━━━ MATERIAL SUPPLIED ━━━
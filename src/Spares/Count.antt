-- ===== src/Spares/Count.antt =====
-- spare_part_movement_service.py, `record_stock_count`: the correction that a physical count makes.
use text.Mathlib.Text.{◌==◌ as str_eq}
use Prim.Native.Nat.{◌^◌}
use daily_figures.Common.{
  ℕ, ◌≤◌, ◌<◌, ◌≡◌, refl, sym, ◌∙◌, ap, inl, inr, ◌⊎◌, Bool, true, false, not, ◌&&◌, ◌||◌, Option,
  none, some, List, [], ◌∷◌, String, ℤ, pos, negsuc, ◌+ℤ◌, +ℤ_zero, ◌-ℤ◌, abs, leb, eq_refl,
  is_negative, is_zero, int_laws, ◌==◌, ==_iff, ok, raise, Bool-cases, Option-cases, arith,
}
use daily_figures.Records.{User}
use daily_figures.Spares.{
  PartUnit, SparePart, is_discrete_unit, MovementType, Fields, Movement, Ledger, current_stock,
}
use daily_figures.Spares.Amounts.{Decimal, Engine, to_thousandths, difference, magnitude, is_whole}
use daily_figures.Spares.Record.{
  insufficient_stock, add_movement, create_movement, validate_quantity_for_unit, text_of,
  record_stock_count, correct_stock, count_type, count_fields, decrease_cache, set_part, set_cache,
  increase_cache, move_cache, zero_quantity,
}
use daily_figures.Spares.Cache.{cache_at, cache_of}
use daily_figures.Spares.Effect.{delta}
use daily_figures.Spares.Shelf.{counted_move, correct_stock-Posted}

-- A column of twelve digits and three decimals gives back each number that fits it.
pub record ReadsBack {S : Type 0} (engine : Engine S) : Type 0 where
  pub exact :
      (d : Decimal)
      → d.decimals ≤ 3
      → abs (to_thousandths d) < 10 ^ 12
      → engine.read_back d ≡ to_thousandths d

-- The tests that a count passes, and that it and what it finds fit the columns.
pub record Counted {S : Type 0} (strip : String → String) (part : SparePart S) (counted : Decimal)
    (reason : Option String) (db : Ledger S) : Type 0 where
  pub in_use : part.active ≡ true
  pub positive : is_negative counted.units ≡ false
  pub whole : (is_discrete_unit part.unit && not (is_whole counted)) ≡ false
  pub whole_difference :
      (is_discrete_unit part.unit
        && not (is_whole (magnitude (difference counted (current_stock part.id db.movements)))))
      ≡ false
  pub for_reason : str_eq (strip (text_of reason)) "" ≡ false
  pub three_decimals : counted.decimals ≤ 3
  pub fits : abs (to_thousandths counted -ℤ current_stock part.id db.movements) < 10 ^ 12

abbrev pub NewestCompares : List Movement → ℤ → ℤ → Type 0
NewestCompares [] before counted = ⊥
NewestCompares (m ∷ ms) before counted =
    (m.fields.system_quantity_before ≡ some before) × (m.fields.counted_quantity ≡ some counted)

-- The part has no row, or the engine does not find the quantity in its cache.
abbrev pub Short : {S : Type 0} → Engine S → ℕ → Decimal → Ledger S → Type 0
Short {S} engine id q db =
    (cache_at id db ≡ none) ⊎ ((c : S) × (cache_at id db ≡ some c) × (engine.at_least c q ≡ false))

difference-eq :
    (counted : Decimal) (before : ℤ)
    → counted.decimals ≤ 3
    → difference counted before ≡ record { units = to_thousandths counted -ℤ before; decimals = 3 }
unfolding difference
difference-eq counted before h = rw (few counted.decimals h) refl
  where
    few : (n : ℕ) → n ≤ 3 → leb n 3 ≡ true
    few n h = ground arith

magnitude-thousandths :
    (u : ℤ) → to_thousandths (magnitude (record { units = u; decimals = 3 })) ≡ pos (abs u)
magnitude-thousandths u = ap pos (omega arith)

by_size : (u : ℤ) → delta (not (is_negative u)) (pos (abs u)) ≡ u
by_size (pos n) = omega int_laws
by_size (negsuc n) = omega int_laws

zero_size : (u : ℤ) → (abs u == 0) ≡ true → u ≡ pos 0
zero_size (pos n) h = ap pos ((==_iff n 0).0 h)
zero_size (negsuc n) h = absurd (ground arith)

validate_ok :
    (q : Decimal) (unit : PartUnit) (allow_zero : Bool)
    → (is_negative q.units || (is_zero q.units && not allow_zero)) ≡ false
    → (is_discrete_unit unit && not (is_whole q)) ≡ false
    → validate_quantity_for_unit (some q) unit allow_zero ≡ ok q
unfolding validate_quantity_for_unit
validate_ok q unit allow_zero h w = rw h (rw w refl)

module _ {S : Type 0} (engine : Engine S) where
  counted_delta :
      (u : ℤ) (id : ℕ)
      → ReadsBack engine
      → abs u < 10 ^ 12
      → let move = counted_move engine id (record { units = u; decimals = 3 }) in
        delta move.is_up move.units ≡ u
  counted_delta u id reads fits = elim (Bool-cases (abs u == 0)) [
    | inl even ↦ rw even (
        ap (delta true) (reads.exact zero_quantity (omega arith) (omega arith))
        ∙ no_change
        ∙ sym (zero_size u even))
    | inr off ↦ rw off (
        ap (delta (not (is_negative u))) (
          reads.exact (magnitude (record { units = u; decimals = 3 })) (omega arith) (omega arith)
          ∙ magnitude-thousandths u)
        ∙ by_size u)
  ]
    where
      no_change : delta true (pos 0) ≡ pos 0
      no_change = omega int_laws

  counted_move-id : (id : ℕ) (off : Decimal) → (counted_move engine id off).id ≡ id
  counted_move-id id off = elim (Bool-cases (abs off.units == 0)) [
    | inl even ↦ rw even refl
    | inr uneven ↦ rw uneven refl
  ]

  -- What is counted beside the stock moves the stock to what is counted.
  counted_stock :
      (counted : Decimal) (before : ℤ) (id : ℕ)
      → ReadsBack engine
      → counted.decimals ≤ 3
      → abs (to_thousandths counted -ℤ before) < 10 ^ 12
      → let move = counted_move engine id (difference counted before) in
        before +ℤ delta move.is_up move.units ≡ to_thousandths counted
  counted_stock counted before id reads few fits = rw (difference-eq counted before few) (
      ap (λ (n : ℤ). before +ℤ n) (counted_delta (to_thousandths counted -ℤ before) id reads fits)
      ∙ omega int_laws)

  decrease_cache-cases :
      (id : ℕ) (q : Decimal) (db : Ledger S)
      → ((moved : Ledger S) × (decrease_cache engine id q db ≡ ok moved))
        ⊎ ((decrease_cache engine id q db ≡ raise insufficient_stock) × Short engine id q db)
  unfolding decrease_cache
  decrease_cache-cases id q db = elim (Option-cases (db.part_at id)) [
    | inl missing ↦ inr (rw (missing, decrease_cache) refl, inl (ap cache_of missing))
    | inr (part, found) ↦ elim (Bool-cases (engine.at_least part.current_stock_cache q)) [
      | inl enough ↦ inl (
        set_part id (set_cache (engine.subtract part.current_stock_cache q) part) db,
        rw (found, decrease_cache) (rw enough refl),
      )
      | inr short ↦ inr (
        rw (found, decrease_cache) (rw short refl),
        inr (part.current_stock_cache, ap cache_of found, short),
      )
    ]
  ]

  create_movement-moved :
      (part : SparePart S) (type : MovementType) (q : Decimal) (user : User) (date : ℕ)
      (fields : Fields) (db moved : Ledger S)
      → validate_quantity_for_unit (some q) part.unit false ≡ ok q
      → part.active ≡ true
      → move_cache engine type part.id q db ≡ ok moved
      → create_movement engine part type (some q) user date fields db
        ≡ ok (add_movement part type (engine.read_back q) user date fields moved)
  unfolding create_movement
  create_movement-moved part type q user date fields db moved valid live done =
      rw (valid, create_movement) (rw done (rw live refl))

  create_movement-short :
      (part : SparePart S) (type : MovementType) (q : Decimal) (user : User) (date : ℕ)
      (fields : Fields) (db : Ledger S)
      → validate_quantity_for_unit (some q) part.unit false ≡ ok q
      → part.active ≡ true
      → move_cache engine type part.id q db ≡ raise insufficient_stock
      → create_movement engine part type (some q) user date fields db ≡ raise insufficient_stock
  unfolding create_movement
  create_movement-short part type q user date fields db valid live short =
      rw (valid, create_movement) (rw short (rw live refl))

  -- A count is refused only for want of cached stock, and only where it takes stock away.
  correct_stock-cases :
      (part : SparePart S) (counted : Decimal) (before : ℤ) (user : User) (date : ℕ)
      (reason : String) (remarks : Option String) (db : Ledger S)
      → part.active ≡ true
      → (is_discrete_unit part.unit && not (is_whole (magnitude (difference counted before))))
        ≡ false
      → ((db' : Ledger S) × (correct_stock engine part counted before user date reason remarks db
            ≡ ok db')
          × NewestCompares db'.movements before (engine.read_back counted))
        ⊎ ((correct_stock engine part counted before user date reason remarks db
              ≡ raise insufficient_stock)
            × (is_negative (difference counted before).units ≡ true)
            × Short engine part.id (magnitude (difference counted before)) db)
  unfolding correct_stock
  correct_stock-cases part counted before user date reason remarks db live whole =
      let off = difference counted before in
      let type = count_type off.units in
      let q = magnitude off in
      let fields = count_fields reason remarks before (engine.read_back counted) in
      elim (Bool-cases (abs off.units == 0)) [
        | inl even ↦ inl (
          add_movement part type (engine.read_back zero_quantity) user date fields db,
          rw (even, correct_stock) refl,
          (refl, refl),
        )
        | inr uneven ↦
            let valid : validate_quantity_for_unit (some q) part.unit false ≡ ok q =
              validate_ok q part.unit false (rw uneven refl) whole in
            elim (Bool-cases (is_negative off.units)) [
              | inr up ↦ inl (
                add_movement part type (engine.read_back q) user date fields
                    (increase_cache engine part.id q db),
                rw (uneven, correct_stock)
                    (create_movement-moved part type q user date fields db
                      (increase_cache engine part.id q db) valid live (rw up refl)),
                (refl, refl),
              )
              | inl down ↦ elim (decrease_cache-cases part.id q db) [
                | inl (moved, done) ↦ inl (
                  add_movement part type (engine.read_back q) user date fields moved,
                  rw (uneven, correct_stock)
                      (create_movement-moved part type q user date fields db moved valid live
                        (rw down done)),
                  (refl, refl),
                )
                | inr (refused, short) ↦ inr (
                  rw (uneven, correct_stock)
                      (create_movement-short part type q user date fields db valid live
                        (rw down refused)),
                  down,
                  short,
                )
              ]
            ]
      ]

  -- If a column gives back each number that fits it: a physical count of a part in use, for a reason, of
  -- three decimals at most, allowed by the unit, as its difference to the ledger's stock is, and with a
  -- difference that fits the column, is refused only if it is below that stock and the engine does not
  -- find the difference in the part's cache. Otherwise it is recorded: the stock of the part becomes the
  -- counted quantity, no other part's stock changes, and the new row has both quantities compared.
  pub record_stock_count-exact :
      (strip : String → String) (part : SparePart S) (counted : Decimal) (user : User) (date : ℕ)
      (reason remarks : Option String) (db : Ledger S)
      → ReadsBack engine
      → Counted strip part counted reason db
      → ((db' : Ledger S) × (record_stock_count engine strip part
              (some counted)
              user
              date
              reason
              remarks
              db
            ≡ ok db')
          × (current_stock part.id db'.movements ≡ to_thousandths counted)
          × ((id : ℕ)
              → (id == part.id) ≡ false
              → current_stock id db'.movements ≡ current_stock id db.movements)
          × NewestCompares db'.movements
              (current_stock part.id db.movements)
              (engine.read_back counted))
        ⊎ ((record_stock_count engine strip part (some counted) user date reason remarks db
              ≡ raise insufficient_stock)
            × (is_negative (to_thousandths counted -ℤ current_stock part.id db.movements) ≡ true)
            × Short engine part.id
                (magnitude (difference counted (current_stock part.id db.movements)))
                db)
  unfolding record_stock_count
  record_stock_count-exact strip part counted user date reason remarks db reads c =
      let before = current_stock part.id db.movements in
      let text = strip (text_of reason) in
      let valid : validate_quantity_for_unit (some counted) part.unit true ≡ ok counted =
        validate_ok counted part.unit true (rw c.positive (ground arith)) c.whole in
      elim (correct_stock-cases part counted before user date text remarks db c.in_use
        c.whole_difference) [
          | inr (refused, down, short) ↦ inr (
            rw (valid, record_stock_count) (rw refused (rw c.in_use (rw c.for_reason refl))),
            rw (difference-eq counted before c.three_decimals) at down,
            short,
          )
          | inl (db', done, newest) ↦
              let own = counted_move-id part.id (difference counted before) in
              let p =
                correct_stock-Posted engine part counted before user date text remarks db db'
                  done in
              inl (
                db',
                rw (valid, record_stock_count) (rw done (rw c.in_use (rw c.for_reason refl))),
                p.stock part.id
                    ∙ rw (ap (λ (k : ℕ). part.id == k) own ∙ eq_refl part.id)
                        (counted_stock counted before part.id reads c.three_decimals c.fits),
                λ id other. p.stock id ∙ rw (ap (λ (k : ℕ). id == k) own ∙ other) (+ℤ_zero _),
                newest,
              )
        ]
━━━
▶ _TASK DESCRIPTION_
Which lines of the entries contain "PartUnit"? Count them and write only the number.

▶ _SOLUTION_
2